SMAFormer: Synergistic Multi-Attention Transformer for Medical Image Segmentation
- URL: http://arxiv.org/abs/2409.00346v2
- Date: Mon, 16 Sep 2024 13:23:55 GMT
- Title: SMAFormer: Synergistic Multi-Attention Transformer for Medical Image Segmentation
- Authors: Fuchen Zheng, Xuhang Chen, Weihuang Liu, Haolun Li, Yingtie Lei, Jiahui He, Chi-Man Pun, Shounjun Zhou,
- Abstract summary: We introduce SMAFormer, a Transformer-based architecture that fuses multiple attention mechanisms for enhanced segmentation of small tumors and organs.
The architecture comprises two pivotal components. First, a Synergistic Multi-Attention (SMA) Transformer block is proposed, which has the benefits of Pixel Attention, Channel Attention, and Spatial Attention for feature enrichment.
Second, addressing the challenge of information loss incurred during attention mechanism transitions and feature fusion, we design a Feature Fusion Modulator. This module bolsters the integration between the channel and spatial attention by mitigating reshaping-induced information attrition.

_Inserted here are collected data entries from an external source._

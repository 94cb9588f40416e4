-- ===== src/Predicates/Laws.antt =====
-- When the filters let an event through.
use mathlib.Core.List.Memᴰ
use cascader.Common.{
  ℕ, ℤ, pos, ◌<ℤ◌, ◌≡◌, refl, ap, ◌∙◌, subst, ◌≢◌, negsuc, ◌↔◌, ◌⊎◌, inl, inr, ⊎_elim, Text, Bool,
  true, false, Option, none, some, Option-cases, List, [], ◌∷◌, Memᴰ, text_eq_iff, text_eq, arith,
  not, ◌&&◌, ltb_ℤ, eqb_ℤ, eqb_ℤ_iff,
}
use cascader.Errors.{Result, ok, Result-cases}
use cascader.Dict.{Dict, lookup, keys}
use cascader.Kinds.{AnnotationKindMap}
use cascader.Objects.{
  Annotations, PodTemplateSpec, Object, object_meta, deployment, stateful_set, daemon_set,
  other_object,
}
use cascader.Predicates.{
  has_key_of, has_annotation, extract_pod_template, get_replicas, scaled_to_zero, scaled_from_zero,
  UpdateCheck, new_predicate, spec_changed, templates_differ, hash_template,
}
use cascader.Predicates.Hash.{sum64a, hex, hex_inj, sum64a-lt}

-- One of the configured keys is an annotation of the object.
abbrev pub IsAnnotated : Annotations → AnnotationKindMap → Type 0
IsAnnotated none kinds = ⊥
IsAnnotated (some annotations) kinds =
    (key : Text) × Memᴰ key (keys kinds) × (lookup key annotations ≢ none)

has_key_of_iff :
    (annotations : Dict Text) (kinds : AnnotationKindMap)
    → (has_key_of annotations kinds ≡ true) ↔ IsAnnotated (some annotations) kinds
unfolding has_key_of
has_key_of_iff annotations [] = (λ h. absurd (cc), λ (key, m, _). absurd (Memᴰ.not-nil m))
has_key_of_iff annotations ((key, kind) ∷ entries) = elim (Option-cases (lookup key annotations)) [
  | inr (v, e) ↦ (λ _. (key, Memᴰ.head refl, λ h. cc (h, e)), λ _. rw (e, has_key_of))
  | inl e ↦
      let (sound, full) = has_key_of_iff annotations entries in
      (
        λ h. let (k, m, v) = sound (rw (e, has_key_of) at h) in (k, Memᴰ.tail m, v),
        λ (k, m, v).
            rw (e, has_key_of)
              (⊎_elim (λ same. absurd (v (ap (λ x. lookup x annotations) same ∙ e)))
                (λ m'. full (k, m', v)) (Memᴰ.cases_cons m)),
      )
]

has_annotation_iff :
    (annotations : Annotations) (kinds : AnnotationKindMap)
    → (has_annotation annotations kinds ≡ true) ↔ IsAnnotated annotations kinds
unfolding has_annotation
has_annotation_iff none kinds = (λ h. cc, λ h. absurd h)
has_annotation_iff (some annotations) kinds = has_key_of_iff annotations kinds

module _ (kinds : AnnotationKindMap) (a b c d : UpdateCheck) where
  -- With four checks, an update passes exactly if the new object is annotated and a check holds.
  pub four_checks_iff :
      (old new : Object)
      → ((new_predicate kinds (a ∷ b ∷ c ∷ d ∷ [])).update old new ≡ true) ↔ (
          IsAnnotated (object_meta new).annotations kinds
          × ((a old new ≡ true) ⊎ ((b old new ≡ true) ⊎ ((c old new ≡ true) ⊎ (d old new ≡ true)))))
  unfolding new_predicate
  four_checks_iff old new = ground (arith, has_annotation_iff (object_meta new).annotations kinds)

-- What the replica count of an object is: none for another type or an unset count.
abbrev pub replicas_of : Object → Option ℤ
replicas_of (deployment d) = d.replicas
replicas_of (stateful_set s) = s.replicas
replicas_of (daemon_set d) = some d.status.desired_number_scheduled
replicas_of (other_object _) = none

abbrev or_minus_one : Option ℤ → ℤ
or_minus_one none = negsuc 0
or_minus_one (some n) = n

get_replicas_lem : (object : Object) → get_replicas object ≡ or_minus_one (replicas_of object)
unfolding get_replicas
get_replicas_lem (deployment d) = ground arith
get_replicas_lem (stateful_set s) = ground arith
get_replicas_lem (daemon_set d) = refl
get_replicas_lem (other_object _) = refl

-- A count above zero, and a count of zero.
abbrev pub IsRunning : Option ℤ → Type 0
IsRunning r = (m : ℤ) × (r ≡ some m) × (pos 0 <ℤ m)

IsRunning-iff : (r : Option ℤ) → (ltb_ℤ (pos 0) (or_minus_one r) ≡ true) ↔ IsRunning r
IsRunning-iff none = (λ h. absurd (cc), λ (m, e, _). absurd (cc))
IsRunning-iff (some n) = (
  λ h. (n, refl, ground arith),
  λ (m, e, h). subst (λ k. ltb_ℤ (pos 0) k ≡ true) (cc) (ltb_ℤ_intro m h),
)
  where
    ltb_ℤ_intro : (m : ℤ) → pos 0 <ℤ m → ltb_ℤ (pos 0) m ≡ true
    ltb_ℤ_intro m h = ground arith

zero_iff : (r : Option ℤ) → (eqb_ℤ (or_minus_one r) (pos 0) ≡ true) ↔ (r ≡ some (pos 0))
zero_iff none = (λ h. absurd (cc), λ e. absurd (cc))
zero_iff (some n) = (λ h. ap some ((eqb_ℤ_iff n (pos 0)).0 h), λ e. (eqb_ℤ_iff n (pos 0)).1 (cc))

-- ScaledToZero and ScaledFromZero hold exactly of objects with replica counts where the count went
-- from above zero to zero, and from zero to above zero; an unset count, or an object of another
-- type, is never scaled.
pub scaled_iff :
    (old new : Object)
    → ((scaled_to_zero old new ≡ true)
        ↔ (IsRunning (replicas_of old) × (replicas_of new ≡ some (pos 0))))
      × ((scaled_from_zero old new ≡ true)
          ↔ ((replicas_of old ≡ some (pos 0)) × IsRunning (replicas_of new)))
unfolding scaled_to_zero scaled_from_zero
scaled_iff old new = (
  rw (get_replicas_lem old, get_replicas_lem new)
      (both _ _ (IsRunning-iff (replicas_of old)) (zero_iff (replicas_of new))),
  rw (get_replicas_lem old, get_replicas_lem new)
      (both _ _ (zero_iff (replicas_of old)) (IsRunning-iff (replicas_of new))),
)
  where
    both :
        (x y : Bool) {P Q : Type 0} → (x ≡ true) ↔ P → (y ≡ true) ↔ Q → ((x && y) ≡ true) ↔ (P × Q)
    both true y p q = (λ h. (p.0 refl, q.0 h), λ (_, k). q.1 k)
    both false y p q = (λ h. absurd (cc), λ (h, _). cc (p.1 h))

module _ (marshal : PodTemplateSpec → Result (List ℕ)) where
  -- The serialised templates of both objects exist, and their 64-bit hashes are different.
  abbrev pub HashesDiffer : Object → Object → Type 0
  HashesDiffer old new =
      (t u : PodTemplateSpec) × (x y : List ℕ) × (extract_pod_template old ≡ ok t)
      × (extract_pod_template new ≡ ok u)
      × (marshal t ≡ ok x)
      × (marshal u ≡ ok y)
      × (sum64a x ≢ sum64a y)

  text_differ_iff : (s t : Text) → (not (text_eq s t) ≡ true) ↔ (s ≢ t)
  text_differ_iff s t = ground (arith, text_eq_iff s t)

  spec_changed_sound :
      (old new : Object) → spec_changed marshal old new ≡ true → HashesDiffer old new
  unfolding spec_changed
  spec_changed_sound old new h = elim (Result-cases (extract_pod_template old)) [
    | inr (e, e1) ↦ absurd (ground arith)
    | inl (t, e1) ↦ elim (Result-cases (extract_pod_template new)) [
      | inr (e, e2) ↦ absurd (ground arith)
      | inl (u, e2) ↦ elim (Result-cases (marshal t)) [
        | inr (e, e3) ↦ absurd (ground arith)
        | inl (x, e3) ↦ elim (Result-cases (marshal u)) [
          | inr (e, e4) ↦ absurd (ground arith)
          | inl (y, e4) ↦
              let differ : not (text_eq (hex (sum64a x)) (hex (sum64a y))) ≡ true = ground arith in
              (t, u, x, y, e1, e2, e3, e4, λ same. (text_differ_iff _ _).0 differ (ap hex same))
        ]
      ]
    ]
  ]

  spec_changed_complete :
      (old new : Object) → HashesDiffer old new → spec_changed marshal old new ≡ true
  unfolding spec_changed
  spec_changed_complete old new (t, u, x, y, e1, e2, e3, e4, differ) =
      rw (e1, e2, templates_differ, e3, e4, hash_template)
        ((text_differ_iff _ _).1 (λ same. differ (hex_inj _ _ (sum64a-lt x) (sum64a-lt y) same)))

  -- SpecChanged holds exactly if both objects have a pod template that can be serialised, and the
  -- 64-bit hashes of the two are different.
  pub spec_changed_iff :
      (old new : Object) → (spec_changed marshal old new ≡ true) ↔ HashesDiffer old new
  spec_changed_iff old new = (spec_changed_sound old new, spec_changed_complete old new)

- Score: 28.490211130600702
- License: http://arxiv.org/licenses/nonexclusive-distrib/1.0/
- Abstract: In medical image segmentation, specialized computer vision techniques, notably transformers grounded in attention mechanisms and residual networks employing skip connections, have been instrumental in advancing performance. Nonetheless, previous models often falter when segmenting small, irregularly shaped tumors. To this end, we introduce SMAFormer, an efficient, Transformer-based architecture that fuses multiple attention mechanisms for enhanced segmentation of small tumors and organs. SMAFormer can capture both local and global features for medical image segmentation. The architecture comprises two pivotal components. First, a Synergistic Multi-Attention (SMA) Transformer block is proposed, which has the benefits of Pixel Attention, Channel Attention, and Spatial Attention for feature enrichment. Second, addressing the challenge of information loss incurred during attention mechanism transitions and feature fusion, we design a Feature Fusion Modulator. This module bolsters the integration between the channel and spatial attention by mitigating reshaping-induced information attrition. To evaluate our method, we conduct extensive experiments on various medical image segmentation tasks, including multi-organ, liver tumor, and bladder tumor segmentation, achieving state-of-the-art results. Code and models are available at: \url{https://github.com/CXH-Research/SMAFormer}.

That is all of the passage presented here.